Report all lines of the records that contain "typing".

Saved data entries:
+--

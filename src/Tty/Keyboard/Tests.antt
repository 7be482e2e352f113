-- ===== src/Tty/Keyboard/Tests.antt =====
-- Bytes in the keyboard's buffer at its first place.
use omocha_os.Base.{ℕ, ◌∷◌, ◌%◌, ◌≡◌, refl, true, false, some, arith, replicate}
use omocha_os.Tty.Buffer.{Buffer, take_byte}
use omocha_os.Tty.Keymap.{keymap}
use omocha_os.Tty.Keyboard.{Switches, Keyboard, kbd_read}
use omocha_os.Tty.Keyboard.Modifiers.{Flagged}
use omocha_os.Tty.Keyboard.Letters.{kbd_read-letter}

abbrev left_shift : Switches
left_shift = record {
  shift_l = true;
  shift_r = false;
  alt_l = false;
  alt_r = false;
  ctrl_l = false;
  ctrl_r = false;
  caps_lock = false;
  num_lock = true;
  scr_lock = false;
}

abbrev key_a : Buffer
key_a = record { head = 1; tail = 0; count = 1; buf = 0x1E ∷ replicate 255 0 }

abbrev typing : Keyboard
typing = record { buffer = key_a; switches = left_shift; leds = 2 }

kbd_read-letter_example :
    (r : ℕ) × (kbd_read false typing
      ≡ some (r, record typing { buffer = record key_a { tail = 1; count = 0 } }))
    × (r % 512 ≡ 65)
    × Flagged left_shift r
unfolding take_byte keymap
kbd_read-letter_example =
    kbd_read-letter false typing 97 (omega arith) (omega arith) refl (omega arith) (omega arith)

abbrev key_pause : Buffer
key_pause = record {
  head = 6;
  tail = 0;
  count = 6;
  buf = 0xE1 ∷ 0x1D ∷ 0x45 ∷ 0xE1 ∷ 0x9D ∷ 0xC5 ∷ replicate 250 0;
}

abbrev pausing : Keyboard
pausing = record { buffer = key_pause; switches = left_shift; leds = 2 }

+--

Output of the exercise:
abbrev typing : Keyboard
typing = record { buffer = key_a; switches = left_shift; leds = 2 }
    (r : ℕ) × (kbd_read false typing
      ≡ some (r, record typing { buffer = record key_a { tail = 1; count = 0 } }))
    kbd_read-letter false typing 97 (omega arith) (omega arith) refl (omega arith) (omega arith)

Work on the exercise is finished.